### Task instructions:
Reproduce verbatim the lines of the material below, starting at the line with "module _ (c : Settings) where" and ending at the line with "job) + todo) s", both inclusive; skip the rest.

● ● ● ● ●

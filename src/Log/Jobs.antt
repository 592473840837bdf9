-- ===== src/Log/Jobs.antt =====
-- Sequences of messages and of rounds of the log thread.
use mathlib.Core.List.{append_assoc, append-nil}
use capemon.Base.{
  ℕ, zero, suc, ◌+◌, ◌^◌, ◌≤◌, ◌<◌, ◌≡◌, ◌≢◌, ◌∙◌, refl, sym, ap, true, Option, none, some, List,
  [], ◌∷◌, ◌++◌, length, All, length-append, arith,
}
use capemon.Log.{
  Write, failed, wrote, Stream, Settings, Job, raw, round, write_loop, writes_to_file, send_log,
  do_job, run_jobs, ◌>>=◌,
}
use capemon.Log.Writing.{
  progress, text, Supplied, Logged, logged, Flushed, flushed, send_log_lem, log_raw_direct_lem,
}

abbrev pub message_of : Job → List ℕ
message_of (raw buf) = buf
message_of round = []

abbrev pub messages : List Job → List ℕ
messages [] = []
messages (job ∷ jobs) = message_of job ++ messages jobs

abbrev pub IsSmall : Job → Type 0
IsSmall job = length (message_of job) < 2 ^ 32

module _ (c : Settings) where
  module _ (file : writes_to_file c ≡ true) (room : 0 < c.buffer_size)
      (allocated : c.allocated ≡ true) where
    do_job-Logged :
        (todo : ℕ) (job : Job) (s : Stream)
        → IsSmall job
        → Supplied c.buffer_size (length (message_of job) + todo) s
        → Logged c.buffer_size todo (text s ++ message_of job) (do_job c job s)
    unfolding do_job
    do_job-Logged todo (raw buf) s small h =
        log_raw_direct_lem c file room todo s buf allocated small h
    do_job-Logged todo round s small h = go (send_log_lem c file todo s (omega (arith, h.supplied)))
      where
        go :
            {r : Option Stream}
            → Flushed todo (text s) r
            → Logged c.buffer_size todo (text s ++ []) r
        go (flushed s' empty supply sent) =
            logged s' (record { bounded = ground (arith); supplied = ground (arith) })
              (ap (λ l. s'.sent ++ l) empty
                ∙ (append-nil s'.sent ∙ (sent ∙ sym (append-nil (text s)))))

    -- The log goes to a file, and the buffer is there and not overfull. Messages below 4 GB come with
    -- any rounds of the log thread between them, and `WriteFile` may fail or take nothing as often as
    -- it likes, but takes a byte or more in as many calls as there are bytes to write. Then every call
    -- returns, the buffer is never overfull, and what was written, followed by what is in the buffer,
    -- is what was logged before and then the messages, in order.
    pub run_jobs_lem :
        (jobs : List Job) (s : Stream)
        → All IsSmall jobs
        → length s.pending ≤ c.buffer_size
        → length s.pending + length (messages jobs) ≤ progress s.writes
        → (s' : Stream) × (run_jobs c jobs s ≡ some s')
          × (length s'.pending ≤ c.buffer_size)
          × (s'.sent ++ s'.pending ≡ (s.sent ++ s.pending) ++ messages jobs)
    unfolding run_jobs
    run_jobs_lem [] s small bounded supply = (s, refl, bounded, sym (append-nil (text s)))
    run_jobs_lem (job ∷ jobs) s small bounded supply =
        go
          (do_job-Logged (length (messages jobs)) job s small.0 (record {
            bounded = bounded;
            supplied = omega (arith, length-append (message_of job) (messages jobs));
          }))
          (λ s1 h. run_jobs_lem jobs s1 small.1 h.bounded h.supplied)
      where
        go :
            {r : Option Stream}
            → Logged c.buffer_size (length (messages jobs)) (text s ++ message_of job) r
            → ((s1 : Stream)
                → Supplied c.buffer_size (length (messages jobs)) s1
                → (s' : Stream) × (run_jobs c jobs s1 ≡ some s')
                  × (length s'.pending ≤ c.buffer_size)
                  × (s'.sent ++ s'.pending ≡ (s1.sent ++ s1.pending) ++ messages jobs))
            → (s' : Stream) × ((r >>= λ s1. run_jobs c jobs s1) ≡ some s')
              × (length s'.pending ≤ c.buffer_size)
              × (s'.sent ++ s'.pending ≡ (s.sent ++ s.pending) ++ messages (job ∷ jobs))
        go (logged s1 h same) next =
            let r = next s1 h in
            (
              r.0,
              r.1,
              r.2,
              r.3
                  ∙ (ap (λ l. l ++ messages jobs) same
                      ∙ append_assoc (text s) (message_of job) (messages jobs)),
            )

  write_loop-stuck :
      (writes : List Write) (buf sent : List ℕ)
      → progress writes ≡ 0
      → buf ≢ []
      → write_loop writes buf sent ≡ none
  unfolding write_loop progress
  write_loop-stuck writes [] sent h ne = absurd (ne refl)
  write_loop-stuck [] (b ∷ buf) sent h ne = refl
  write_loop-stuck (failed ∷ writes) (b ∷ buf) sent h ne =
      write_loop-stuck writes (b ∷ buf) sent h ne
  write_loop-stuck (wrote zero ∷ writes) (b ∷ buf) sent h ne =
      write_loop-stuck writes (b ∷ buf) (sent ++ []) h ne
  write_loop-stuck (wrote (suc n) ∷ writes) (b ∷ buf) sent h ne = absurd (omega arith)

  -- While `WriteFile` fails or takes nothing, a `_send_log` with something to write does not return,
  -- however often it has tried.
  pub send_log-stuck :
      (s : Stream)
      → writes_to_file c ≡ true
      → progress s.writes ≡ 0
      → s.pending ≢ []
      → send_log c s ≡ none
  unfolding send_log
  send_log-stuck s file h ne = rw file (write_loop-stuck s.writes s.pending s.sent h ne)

● ● ● ● ●

### Response to the exercise:
module _ (c : Settings) where
  module _ (file : writes_to_file c ≡ true) (room : 0 < c.buffer_size)
      (allocated : c.allocated ≡ true) where
    do_job-Logged :
        (todo : ℕ) (job : Job) (s : Stream)
        → IsSmall job
        → Supplied c.buffer_size (length (message_of job) + todo) s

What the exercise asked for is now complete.